-- ===== src/Ledger/Locks.antt =====
-- The ledger as a lock table: which run holds each scope, the moves of such a table, and what updates of
-- the rows do to it.
use bagelquant_data.Prelude.{
  ℕ, ◌≡◌, ◌≢◌, refl, sym, ◌∙◌, ap, Bool, true, false, ◌&&◌, ◌⊎◌, inl, inr, Option, none, some, List,
  [], ◌∷◌, ◌++◌, map, ◌==◌, if◌then◌else◌, filter, any, All, arith, Bool-cases, Option-cases, ==→eq,
  is_some,
}
use mathlib.Core.Path.{subst}
use bagelquant_data.Ledger.Data.{Scope, is_running}
use bagelquant_data.Ledger.Scopes.{contains, claimable, claimed}
use bagelquant_data.Ledger.Rows.{IsOwned, DistinctIds}
use bagelquant_data.Ledger.Claims.{taken_ids, absent_ids}

-- The run that holds each scope, if any.
abbrev pub Locks : Type 0
Locks = ℕ → Option ℕ

-- A run takes scopes, or the scopes of some runs are freed.
pub data Move : Type 0 where
  take : (run : ℕ) (ids : List ℕ) → Move
  free : (whose : ℕ → Bool) → Move

abbrev pub held_by : (ℕ → Bool) → Option ℕ → Bool
held_by whose none = false
held_by whose (some run) = whose run

-- A lock is left as it is, or a run that the move names loses it.
abbrev pub Freed : (ℕ → Bool) → Option ℕ → Option ℕ → Type 0
Freed whose before after = (after ≡ before) ⊎ ((after ≡ none) × (held_by whose before ≡ true))

-- What a move makes of the table: only free scopes are taken, and they alone; freeing gives no scope to
-- another run, and takes none from a run that it does not name.
abbrev pub Performs : Move → Locks → Locks → Type 0
Performs (Move.take run ids) f g =
    (id : ℕ)
    → ((contains ids id && is_some (f id)) ≡ false)
      × (g id ≡ (if contains ids id then some run else f id))
Performs (Move.free whose) f g = (id : ℕ) → Freed whose (f id) (g id)

-- The table that the rows stand for.
abbrev pub holder_of : ℕ → List Scope → Option ℕ
holder_of id [] = none
holder_of id (s ∷ ss) = if s.id == id then s.active_run_id else holder_of id ss

pub Freed-trans :
    (whose : ℕ → Bool) (a b c : Option ℕ) → Freed whose a b → Freed whose b c → Freed whose a c
Freed-trans whose a b c (inl e) (inl f) = inl (f ∙ e)
Freed-trans whose a b c (inl e) (inr (n, h)) = inr (n, ap (held_by whose) (sym e) ∙ h)
Freed-trans whose a b c (inr (n, h)) (inl f) = inr (f ∙ n, h)
Freed-trans whose a b c (inr (n, h)) (inr (m, k)) = inr (m, h)

module _ (whose : ℕ → Bool) (t : Scope → Bool) (f : Scope → Scope)
    (same : (s : Scope) → (f s).id ≡ s.id)
    (frees : (s : Scope)
      → IsOwned s
      → t s ≡ true
      → Freed whose s.active_run_id (f s).active_run_id) where
  -- An update that keeps ids and frees rows frees locks.
  pub holder_of-update :
      (id : ℕ) (ss : List Scope)
      → All IsOwned ss
      → Freed whose (holder_of id ss) (holder_of id (map (λ s. if t s then f s else s) ss))
  holder_of-update id [] o = inl refl
  holder_of-update id (s ∷ ss) o = elim (Bool-cases (t s)) [
    | inl hit ↦ elim (Bool-cases (s.id == id)) [
      | inl here ↦ rw (hit, same s, here) (frees s o.0 hit)
      | inr other ↦ rw (hit, same s, other) (holder_of-update id ss o.1)
    ]
    | inr miss ↦ elim (Bool-cases (s.id == id)) [
      | inl here ↦ rw (miss, here) (inl refl)
      | inr other ↦ rw (miss, other) (holder_of-update id ss o.1)
    ]
  ]

holder_of-absent :
    (id n : ℕ) (ss : List Scope)
    → All (λ (s : Scope). s.id ≢ n) ss
    → (n == id) ≡ true
    → holder_of id ss ≡ none
holder_of-absent id n [] h e = refl
holder_of-absent id n (s ∷ ss) h e = elim (Bool-cases (s.id == id)) [
  | inl here ↦ absurd (h.0 (==→eq s.id id here ∙ sym (==→eq n id e)))
  | inr other ↦ rw other (holder_of-absent id n ss h.1 e)
]

holder_of-absent-filter :
    (id n : ℕ) (p : Scope → Bool) (ss : List Scope)
    → All (λ (s : Scope). s.id ≢ n) ss
    → (n == id) ≡ true
    → holder_of id (filter p ss) ≡ none
holder_of-absent-filter id n p [] h e = refl
holder_of-absent-filter id n p (s ∷ ss) h e = elim (Bool-cases (p s)) [
  | inl stays ↦ elim (Bool-cases (s.id == id)) [
    | inl here ↦ absurd (h.0 (==→eq s.id id here ∙ sym (==→eq n id e)))
    | inr other ↦ rw (stays, other) (holder_of-absent-filter id n p ss h.1 e)
  ]
  | inr gone ↦ rw gone (holder_of-absent-filter id n p ss h.1 e)
]

-- The deletion of rows that no run holds changes no lock.
pub holder_of-filter :
    (p : Scope → Bool) (idle : (s : Scope) → IsOwned s → p s ≡ false → s.active_run_id ≡ none)
    (id : ℕ) (ss : List Scope)
    → All IsOwned ss
    → DistinctIds ss
    → holder_of id (filter p ss) ≡ holder_of id ss
holder_of-filter p idle id [] o d = refl
holder_of-filter p idle id (s ∷ ss) o d = elim (Bool-cases (p s)) [
  | inl stays ↦ elim (Bool-cases (s.id == id)) [
    | inl here ↦ rw (stays, here) refl
    | inr other ↦ rw (stays, other) (holder_of-filter p idle id ss o.1 d.1)
  ]
  | inr gone ↦ elim (Bool-cases (s.id == id)) [
    | inl here ↦
        rw (gone, here) (holder_of-absent-filter id s.id p ss d.0 here ∙ sym (idle s o.0 gone))
    | inr other ↦ rw (gone, other) (holder_of-filter p idle id ss o.1 d.1)
  ]
]

-- A row that no run holds changes no lock.
pub holder_of-append :
    (id : ℕ) (ss : List Scope) (u : Scope)
    → u.active_run_id ≡ none
    → holder_of id (ss ++ u ∷ []) ≡ holder_of id ss
holder_of-append id [] u e = ground (arith, e)
holder_of-append id (s ∷ ss) u e = ground (arith, holder_of-append id ss u e)

pub idle_row : (s : Scope) → IsOwned s → is_running s.status ≡ false → s.active_run_id ≡ none
idle_row s o h = elim (Option-cases s.active_run_id) [
  | inl e ↦ e
  | inr (r, e) ↦ absurd (cc (o, h, ap is_some e))
]

-- The scopes that a claim takes were free, and the claim's run has them.
pub free_taken :
    (ids : List ℕ) (id : ℕ) (ss : List Scope)
    → All IsOwned ss
    → DistinctIds ss
    → contains (taken_ids (claimable ids) ss) id ≡ true
    → holder_of id ss ≡ none
free_taken ids id [] o d h = refl
free_taken ids id (s ∷ ss) o d h = elim (Bool-cases (s.id == id)) [
  | inl here ↦ elim (Bool-cases (claimable ids s)) [
    | inl fit ↦ rw here (unheld fit)
    | inr busy ↦ absurd (cc (absent (==→eq s.id id here), rw busy at h))
  ]
  | inr other ↦ elim (Bool-cases (claimable ids s)) [
    | inl fit ↦ rw other (free_taken ids id ss o.1 d.1 (ground (arith, (rw fit at h), other)))
    | inr busy ↦ rw other (free_taken ids id ss o.1 d.1 (rw busy at h))
  ]
]
  where
    unheld : claimable ids s ≡ true → s.active_run_id ≡ none
    unheld fit = idle_row s o.0 (ground (arith, fit))

    absent : s.id ≡ id → contains (taken_ids (claimable ids) ss) id ≡ false
    absent e =
        absent_ids (claimable ids) id ss (subst (λ n. All (λ (u : Scope). u.id ≢ n) ss) e d.0)

pub holder_of-claimed :
    (now run : ℕ) (taken : List ℕ) (id : ℕ) (ss : List Scope)
    → (contains taken id ≡ true → any (λ s. s.id == id) ss ≡ true)
    → holder_of id (map (λ s. if contains taken s.id then claimed now run s else s) ss)
      ≡ (if contains taken id then some run else holder_of id ss)
holder_of-claimed now run taken id [] h = elim (Bool-cases (contains taken id)) [
  | inl mine ↦ absurd (cc (h mine))
  | inr other ↦ rw other refl
]
holder_of-claimed now run taken id (s ∷ ss) h = elim (Bool-cases (s.id == id)) [
  | inl here ↦
      let e = ap (contains taken) (==→eq s.id id here) in
      elim (Bool-cases (contains taken id)) [
        | inl mine ↦ rw (e ∙ mine, mine, here) refl
        | inr foreign ↦ rw (e ∙ foreign, foreign, here) refl
      ]
  | inr other ↦
      let ih = holder_of-claimed now run taken id ss (λ k. ground (arith, h k, other)) in
      elim (Bool-cases (contains taken s.id)) [
        | inl mine ↦ rw (mine, other) ih
        | inr foreign ↦ rw (foreign, other) ih
      ]
]

pub taken_rows :
    (p : Scope → Bool) (id : ℕ) (ss : List Scope)
    → contains (taken_ids p ss) id ≡ true
    → any (λ s. s.id == id) ss ≡ true
taken_rows p id [] h = h
taken_rows p id (s ∷ ss) h = ground (arith, taken_rows p id ss)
__________
Exercise aim ▸ Report how many lines of the records above contain the word "IsOwned", giving only the number.

Result for this task ▸ 7